The Tiruppur Exporters Association (TEA) has requested the textiles minister to advise banks not to categorise garment clusters, especially micro, small and medium enterprises (MSMEs), in the zone as non-performing assets (NPAs) for non-repayment of loans and provide at least a year’s moratorium to help the units sustain their businesses.
This is because European buyers, particularly from Italy and Spain, have asked TEA member companies not to export garments to them and wait for minimum one or two months till the situation arising out of the COVID-19 pandemic becomes normal and shops reopen.
Some buyers are even cancelling orders and deferring payment against goods despatched. They are also not lifting goods sent, TEA president Raja M Shanmugham wrote in a letter to the minister.

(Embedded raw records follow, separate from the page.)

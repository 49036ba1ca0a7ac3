-- ===== src/Mdata/Ccache/Keys.antt =====
-- The sets of archives of mdata/cache/ccache.go, and the key that the operations of
-- mdata/cache/ccache_metric.go leave a metric.
use metrictank.Common.{
  ℕ, ◌≡◌, refl, sym, ap, ◌∙◌, inl, inr, Bool, true, false, ◌&&◌, not, List, [], ◌∷◌, Option, none,
  some, ltb, ◌==◌, ==_iff, if◌then◌else◌, length, arith, Bool-cases, Option-cases,
}
use metrictank.Common.Maps.{get-put, get-erase}
use metrictank.Schema.{AmKey}
use metrictank.Chunk.IterGen.{IterGen}
use metrictank.Mdata.AggMetric.{◌>>=◌}
use metrictank.Common.Words.{sub32}
use metrictank.Mdata.Cache.{
  CacheChunk, CacheMetric, is_cached, put, next_ts, next_ts_core, seek_desc, previous, last_key,
  sort, add, del, find,
}
use metrictank.Mdata.Cache.AddRange.{add_head, add_last, add_rest, add_range}
use metrictank.Mdata.Accnt.{same_key}
use metrictank.Mdata.Ccache.{has, without, archives_of, track, untrack}

has-without : (a b : ℕ) (bs : List ℕ) → has a (without b bs) ≡ (if b == a then false else has a bs)
unfolding has without
has-without a b [] = elim (Bool-cases (b == a)) [ inl e ↦ rw e refl | inr e ↦ rw e refl ]
has-without a b (c ∷ cs) = ground (arith, has-without a b cs)

has-with :
    (a b : ℕ) (bs : List ℕ)
    → has a (if has b bs then bs else b ∷ bs) ≡ (if b == a then true else has a bs)
unfolding has
has-with a b bs = elim (Bool-cases (b == a)) [
  | inl e ↦
      let same : b ≡ a = ground arith in
      elim (Bool-cases (has b bs)) [
        | inl h ↦ rw (h, e) (ap (λ t. has t bs) (sym same) ∙ h)
        | inr h ↦ rw (h, e) refl
      ]
  | inr e ↦ elim (Bool-cases (has b bs)) [ inl h ↦ rw (h, e) refl | inr h ↦ rw (h, e) refl ]
]

-- Whether the archive of a key is in the sets.
abbrev pub is_tracked : AmKey → List (ℕ × List ℕ) → Bool
is_tracked k m = has k.archive (archives_of k.mkey m)

pub is_tracked-track :
    (k j : AmKey) (m : List (ℕ × List ℕ))
    → is_tracked k (track j m) ≡ (if same_key j k then true else is_tracked k m)
unfolding track
is_tracked-track k j m = elim (Bool-cases (j.mkey == k.mkey)) [
  | inl e ↦
      let same : j.mkey ≡ k.mkey = ground arith in
      rw (get-put ◌==◌ ==_iff k.mkey j.mkey _ m, e)
        (has-with k.archive j.archive (archives_of j.mkey m)
          ∙ ap (λ t. if j.archive == k.archive then true else has k.archive (archives_of t m)) same)
  | inr e ↦ rw (get-put ◌==◌ ==_iff k.mkey j.mkey _ m, e) refl
]

has_none : (a : ℕ) (bs : List ℕ) → (length bs == 0) ≡ true → has a bs ≡ false
unfolding has
has_none a [] e = refl
has_none a (b ∷ bs) e = absurd (ground arith)

pub is_tracked-untrack :
    (k j : AmKey) (m : List (ℕ × List ℕ))
    → is_tracked k (untrack j.mkey j.archive m) ≡ (if same_key j k then false else is_tracked k m)
unfolding untrack has
is_tracked-untrack k j m =
    let left = without j.archive (archives_of j.mkey m) in
    elim (Bool-cases (j.mkey == k.mkey)) [
      | inl e ↦
          let same : j.mkey ≡ k.mkey = ground arith in
          let law : has k.archive left
              ≡ (if j.archive == k.archive then false else is_tracked k m) =
            has-without k.archive j.archive (archives_of j.mkey m)
            ∙ ap (λ t. if j.archive == k.archive then false else has k.archive (archives_of t m))
                same in
          elim (Bool-cases (length left == 0)) [
            | inl z ↦
                rw (z, get-erase ◌==◌ ==_iff k.mkey j.mkey m, e)
                  (sym (has_none k.archive left z) ∙ law)
            | inr nz ↦ rw (nz, get-put ◌==◌ ==_iff k.mkey j.mkey left m, e) law
          ]
      | inr e ↦ elim (Bool-cases (length left == 0)) [
        | inl z ↦ rw (z, get-erase ◌==◌ ==_iff k.mkey j.mkey m, e) refl
        | inr nz ↦ rw (nz, get-put ◌==◌ ==_iff k.mkey j.mkey left m, e) refl
      ]
    ]

-- What an operation may leave of a metric: nothing, after a panic, or a metric of the same key.
abbrev pub KeepsKey : CacheMetric → Option CacheMetric → Type 0
KeepsKey m none = Unit
KeepsKey m (some m') = m'.mkey ≡ m.mkey

pub add-KeepsKey : (m : CacheMetric) (prev : ℕ) (g : IterGen) → KeepsKey m (add m prev g)
unfolding add
add-KeepsKey m prev g = elim (Bool-cases (is_cached g.t0 m.chunks)) [
  | inl e ↦ rw e refl
  | inr e ↦
      let c : CacheChunk = record { ts = g.t0; prev = 0; next = 0; itgen = g } in
      let cs = put c m.chunks in
      elim (Option-cases (next_ts cs g.t0)) [
        | inl en ↦ rw (e, en, ◌>>=◌) tt
        | inr (next, en) ↦ elim (Option-cases (seek_desc cs m.keys (sub32 g.t0 1))) [
          | inl er ↦ rw (e, en, ◌>>=◌, er) tt
          | inr (res, er) ↦ rw (e, en, ◌>>=◌, er) refl
        ]
      ]
]

pub del-mkey : (m : CacheMetric) (ts : ℕ) → (del m ts).0.mkey ≡ m.mkey
unfolding del
del-mkey m ts = elim (Option-cases (find ts m.chunks)) [
  | inl e ↦ rw (del, e) refl
  | inr (c, e) ↦ rw (del, e) refl
]

add_head-KeepsKey :
    (m : CacheMetric) (prev : ℕ) (g : IterGen) (next : ℕ) → KeepsKey m (add_head m prev g next)
unfolding add_head
add_head-KeepsKey m prev g next = elim (Bool-cases (is_cached g.t0 m.chunks)) [
  | inl e ↦ rw e refl
  | inr e ↦ elim (Option-cases (seek_desc m.chunks m.keys (sub32 g.t0 1))) [
    | inl er ↦ rw (e, er, ◌>>=◌) tt
    | inr (res, er) ↦
        let p = previous prev res in
        elim (Bool-cases (not (p == 0) && not (sub32 g.t0 p == sub32 next g.t0))) [
          | inl far ↦ rw (e, er, ◌>>=◌, far) refl
          | inr near ↦ elim (Bool-cases (is_cached p m.chunks)) [
            | inl t ↦ rw (e, er, ◌>>=◌, near, t) refl
            | inr t ↦ rw (e, er, ◌>>=◌, near, t) refl
          ]
        ]
  ]
]

add_rest-KeepsKey :
    (gs : List IterGen) (m : CacheMetric) (prev : ℕ) (g : IterGen)
    → KeepsKey m (add_rest m prev g gs)
unfolding add_rest add_last
add_rest-KeepsKey [] m prev g = elim (Bool-cases (is_cached g.t0 m.chunks)) [
  | inl e ↦ rw e refl
  | inr e ↦ elim (Option-cases (next_ts_core g prev 0)) [
    | inl en ↦ rw (e, en, ◌>>=◌) tt
    | inr (next, en) ↦ rw (e, en, ◌>>=◌) refl
  ]
]
add_rest-KeepsKey (h ∷ gs) m prev g = add_rest-KeepsKey gs _ g.t0 h

pub add_range-KeepsKey :
    (m : CacheMetric) (prev : ℕ) (gs : List IterGen) → KeepsKey m (add_range m prev gs)
unfolding add_range
add_range-KeepsKey m prev [] = refl
add_range-KeepsKey m prev (g ∷ []) = add-KeepsKey m prev g
add_range-KeepsKey m prev (g ∷ h ∷ gs) =
    go (add_head m prev g h.t0) (add_head-KeepsKey m prev g h.t0)
  where
    sorted :
        (m' : CacheMetric)
        → m'.mkey ≡ m.mkey
        → (o : Option CacheMetric) → KeepsKey m' o
        → KeepsKey m (
            o >>= λ done.
            some
              (if ltb g.t0 (last_key m.keys) then record done { keys = sort done.keys } else done))
    sorted m' k none q = tt
    sorted m' k (some done) q = elim (Bool-cases (ltb g.t0 (last_key m.keys))) [
      | inl e ↦ rw e (q ∙ k)
      | inr e ↦ rw e (q ∙ k)
    ]

    go :
        (o : Option CacheMetric)
        → KeepsKey m o
        → KeepsKey m (
            o >>= λ m'. add_rest m' g.t0 h gs >>= λ done.
            some
              (if ltb g.t0 (last_key m.keys) then record done { keys = sort done.keys } else done))
    go none k = tt
    go (some m') k = sorted m' k (add_rest m' g.t0 h gs) (add_rest-KeepsKey gs m' g.t0 h)
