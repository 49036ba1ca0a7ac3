-- ===== src/Mdata/Ccache/Consistent.antt =====
-- The two maps of mdata/cache/ccache.go in step, and changes of one metric that keep them so.
use metrictank.Common.{
  ℕ, ◌≡◌, refl, sym, ap, ◌∙◌, inl, inr, Bool, true, false, List, Option, none, some, Bool-cases,
  subst,
}
use metrictank.Common.Maps.{get, put, erase, get-put, get-erase}
use metrictank.Schema.{AmKey}
use metrictank.Mdata.Cache.{CacheMetric}
use metrictank.Mdata.Accnt.{Event, same_key}
use metrictank.Mdata.Accnt.Recent.{same_key_law}
use metrictank.Mdata.Ccache.{Ccache, new_ccache, has, track, untrack}
use metrictank.Mdata.Ccache.Keys.{is_tracked, is_tracked-track, is_tracked-untrack}

abbrev pub is_some : Option CacheMetric → Bool
is_some none = false
is_some (some m) = true

-- A metric is cached exactly when its archive is noted under its raw key, and knows its raw key.
pub record IsConsistent (c : Ccache) : Type 0 where
  pub tracked :
      (k : AmKey) → is_some (get same_key k c.metric_cache) ≡ is_tracked k c.metric_raw_keys
  pub own_key :
      (k : AmKey) (m : CacheMetric) → get same_key k c.metric_cache ≡ some m → m.mkey ≡ k.mkey

pub new_ccache-IsConsistent : IsConsistent new_ccache
unfolding new_ccache get has
new_ccache-IsConsistent = record { tracked = λ k. refl; own_key = λ k m e. absurd (no e) }
  where
    no : {m : CacheMetric} → none ≡ some m → ⊥
    no e = cc

some_injective : {a b : CacheMetric} → some a ≡ some b → a ≡ b
some_injective e = cc

pub none-some : {a : CacheMetric} → none ≡ some a → ⊥
none-some e = cc

module _ (c : Ccache) (ok : IsConsistent c) where
  put_own :
      (j : AmKey) (x : CacheMetric)
      → x.mkey ≡ j.mkey
      → (k : AmKey) (m : CacheMetric) → get same_key k (put same_key j x c.metric_cache) ≡ some m
      → m.mkey ≡ k.mkey
  put_own j x own k m e = elim (Bool-cases (same_key j k)) [
    | inl s ↦
        let j_k : j ≡ k = (same_key_law j k).0 s in
        let x_m : x ≡ m =
          some_injective (rw (get-put same_key same_key_law k j x c.metric_cache, s) at e) in
        ap (λ (m : CacheMetric). m.mkey) (sym x_m) ∙ own ∙ ap (λ (k : AmKey). k.mkey) j_k
    | inr d ↦ ok.own_key k m (rw (get-put same_key same_key_law k j x c.metric_cache, d) at e)
  ]

  erase_own :
      (j k : AmKey) (m : CacheMetric)
      → get same_key k (erase same_key j c.metric_cache) ≡ some m
      → m.mkey ≡ k.mkey
  erase_own j k m e = elim (Bool-cases (same_key j k)) [
    | inl s ↦ absurd (none-some (rw (get-erase same_key same_key_law k j c.metric_cache, s) at e))
    | inr d ↦ ok.own_key k m (rw (get-erase same_key same_key_law k j c.metric_cache, d) at e)
  ]

  -- A metric that was cached is written again.
  replace_tracked :
      (j : AmKey) (old x : CacheMetric)
      → get same_key j c.metric_cache ≡ some old
      → (k : AmKey)
      → is_some (get same_key k (put same_key j x c.metric_cache)) ≡ is_tracked k c.metric_raw_keys
  replace_tracked j old x was k = elim (Bool-cases (same_key j k)) [
    | inl s ↦
        let j_k : j ≡ k = (same_key_law j k).0 s in
        rw (get-put same_key same_key_law k j x c.metric_cache, s)
          (sym (ap is_some was) ∙ ok.tracked j ∙ ap (λ t. is_tracked t c.metric_raw_keys) j_k)
    | inr d ↦ rw (get-put same_key same_key_law k j x c.metric_cache, d) (ok.tracked k)
  ]

  pub replaced :
      (j : AmKey) (old x : CacheMetric)
      → get same_key j c.metric_cache ≡ some old
      → x.mkey ≡ old.mkey
      → (sent : List Event)
      → IsConsistent (record c { metric_cache = put same_key j x c.metric_cache; sent = sent })
  replaced j old x was same sent = record {
    tracked = replace_tracked j old x was;
    own_key = put_own j x (same ∙ ok.own_key j old was);
  }

  -- A metric that was not cached is written, and noted.
  pub inserted :
      (j : AmKey) (x : CacheMetric)
      → x.mkey ≡ j.mkey
      → (sent : List Event)
      → IsConsistent (record c {
        metric_cache = put same_key j x c.metric_cache;
        metric_raw_keys = track j c.metric_raw_keys;
        sent = sent;
      })
  inserted j x own sent = record { tracked = both; own_key = put_own j x own }
    where
      both :
          (k : AmKey)
          → is_some (get same_key k (put same_key j x c.metric_cache))
            ≡ is_tracked k (track j c.metric_raw_keys)
      both k = elim (Bool-cases (same_key j k)) [
        | inl s ↦
            rw
              (
                get-put same_key same_key_law k j x c.metric_cache,
                is_tracked-track k j c.metric_raw_keys,
                s,
              )
              refl
        | inr d ↦
            rw
              (
                get-put same_key same_key_law k j x c.metric_cache,
                is_tracked-track k j c.metric_raw_keys,
                d,
              )
              (ok.tracked k)
      ]

  -- A metric is dropped, and its archive is no longer noted.
  pub removed :
      (j : AmKey) (raw : ℕ)
      → raw ≡ j.mkey
      → IsConsistent (record c {
        metric_cache = erase same_key j c.metric_cache;
        metric_raw_keys = untrack raw j.archive c.metric_raw_keys;
      })
  removed j raw own =
      subst
        (λ r. IsConsistent (record c {
          metric_cache = erase same_key j c.metric_cache;
          metric_raw_keys = untrack r j.archive c.metric_raw_keys;
        }))
        (sym own) (record { tracked = both; own_key = erase_own j })
    where
      both :
          (k : AmKey)
          → is_some (get same_key k (erase same_key j c.metric_cache))
            ≡ is_tracked k (untrack j.mkey j.archive c.metric_raw_keys)
      both k = elim (Bool-cases (same_key j k)) [
        | inl s ↦
            rw
              (
                get-erase same_key same_key_law k j c.metric_cache,
                is_tracked-untrack k j c.metric_raw_keys,
                s,
              )
              refl
        | inr d ↦
            rw
              (
                get-erase same_key same_key_law k j c.metric_cache,
                is_tracked-untrack k j c.metric_raw_keys,
                d,
              )
              (ok.tracked k)
      ]
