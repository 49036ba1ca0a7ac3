-- ===== src/Mdata/Ccache/Hot.antt =====
-- `AddIfHot` of mdata/cache/ccache.go beside `Add`: it tells the accounting of nothing.
use metrictank.Common.{
  ℕ, ◌≤◌, ◌≡◌, refl, sym, ◌∙◌, inl, inr, true, false, [], ◌∷◌, ◌++◌, some, none, ltb, ◌==◌, arith,
}
use metrictank.Common.Maps.{get, put, get-put}
use metrictank.Schema.{AmKey}
use metrictank.Chunk.IterGen.{IterGen, gen_size}
use metrictank.Mdata.AggMetric.{◌>>=◌}
use metrictank.Mdata.Cache.{CacheMetric, is_cached}
use metrictank.Mdata.Cache.View.{lookup, Keyed, HasSpan, Spanned}
use metrictank.Mdata.Cache.Add.{add-lookup}
use metrictank.Mdata.Accnt.{add_chunk_event, same_key}
use metrictank.Mdata.Accnt.Recent.{same_key_law}
use metrictank.Mdata.Ccache.{Ccache, last_ts, update_metric, add, add_if_hot}

-- The chunk is cached under the key and its timestamp.
pub record Holds (c : Ccache) (k : AmKey) (g : IterGen) : Type 0 where
  pub metric : CacheMetric
  pub cached : get same_key k c.metric_cache ≡ some metric
  pub chunk : lookup g.t0 metric.chunks ≡ some g

true-false : true ≡ false → ⊥
true-false e = cc

some-none : {n : ℕ} → some n ≡ none → ⊥
some-none e = cc

same_self : (k : AmKey) → same_key k k ≡ true
same_self k = (same_key_law k k).1 refl

-- For a metric that is cached and has every key cached and a span for the data of every chunk, and a
-- chunk that has a span, and whose timestamp is not cached and not behind the last one of the metric:
-- `AddIfHot` and `Add` both cache the chunk, but only `Add`
-- tells the accounting, of the chunk's timestamp and size. `AddIfHot` sends it nothing.
pub add_if_hot_unaccounted :
    (c : Ccache) (k : AmKey) (prev : ℕ) (g : IterGen) (m : CacheMetric) (last : ℕ)
    → get same_key k c.metric_cache ≡ some m
    → Keyed m.chunks m.keys
    → Spanned m.chunks
    → HasSpan g
    → is_cached g.t0 m.chunks ≡ false
    → last_ts m ≡ some last
    → g.t0 ≤ last
    → (c' : Ccache) × (c'' : Ccache) × (add_if_hot c k prev g ≡ some c')
      × (add c k prev g ≡ some c'')
      × Holds c' k g
      × Holds c'' k g
      × (c'.sent ≡ c.sent)
      × (c''.sent ≡ c.sent ++ add_chunk_event k g.t0 (gen_size g) ∷ [])
unfolding add_if_hot add
add_if_hot_unaccounted c k prev g m last there keyed spanned has fresh end hot =
    elim (add-lookup m prev g keyed spanned) [
      | inl (cached, e) ↦ absurd (true-false (sym cached ∙ fresh))
      | inr (inl (absent, bad, e)) ↦ absurd (some-none (sym has.1 ∙ bad))
      | inr (inr (absent, has', m', e, keyed', spanned', found)) ↦
          let not_cold : ltb last g.t0 ≡ false = ground arith in
          let self : (g.t0 == g.t0) ≡ true = ground arith in
          let put_self : get same_key k (put same_key k m' c.metric_cache) ≡ some m' =
            get-put same_key same_key_law k k m' c.metric_cache ∙ rw (same_self k) refl in
          let chunk : lookup g.t0 m'.chunks ≡ some g = found g.t0 ∙ rw self refl in
          (
            record c { metric_cache = put same_key k m' c.metric_cache },
            record c {
              metric_cache = put same_key k m' c.metric_cache;
              sent = c.sent ++ add_chunk_event k g.t0 (gen_size g) ∷ [];
            },
            rw (add_if_hot, there, end, ◌>>=◌, not_cold, e) refl,
            rw (add, update_metric, there, ◌>>=◌, e) refl,
            record { metric = m'; cached = put_self; chunk = chunk },
            record { metric = m'; cached = put_self; chunk = chunk },
            refl,
            refl,
          )
    ]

As production has been continuing to fulfill commitments, disruption at this juncture is causing a huge impact on the financial part of the units, he wrote. The units are not in a position to repay bank loans.
TEA apprehends that due to non-clearance of dues, banks may classify the units as NPAs as per BASEL norms.
In addition to this, prices of dyes and chemicals have gone up by about 30 per cent, Shanmugham wrote.
The letter cited examples of developed countries like the United States, Germany, Italy, France, the United Kingdom and Japan, which have taken a slew of financial measures like reduction of bank interest rates and cash reserve, debt moratorium for MSMEs, deferment of loan and tax payment without interest, announcement of new bridge loans and credit guarantees to overcome the disruption in the economic activity caused by the coronavirus outbreak.
A financial stimulus package is also required to reenergize the economy, the letter added.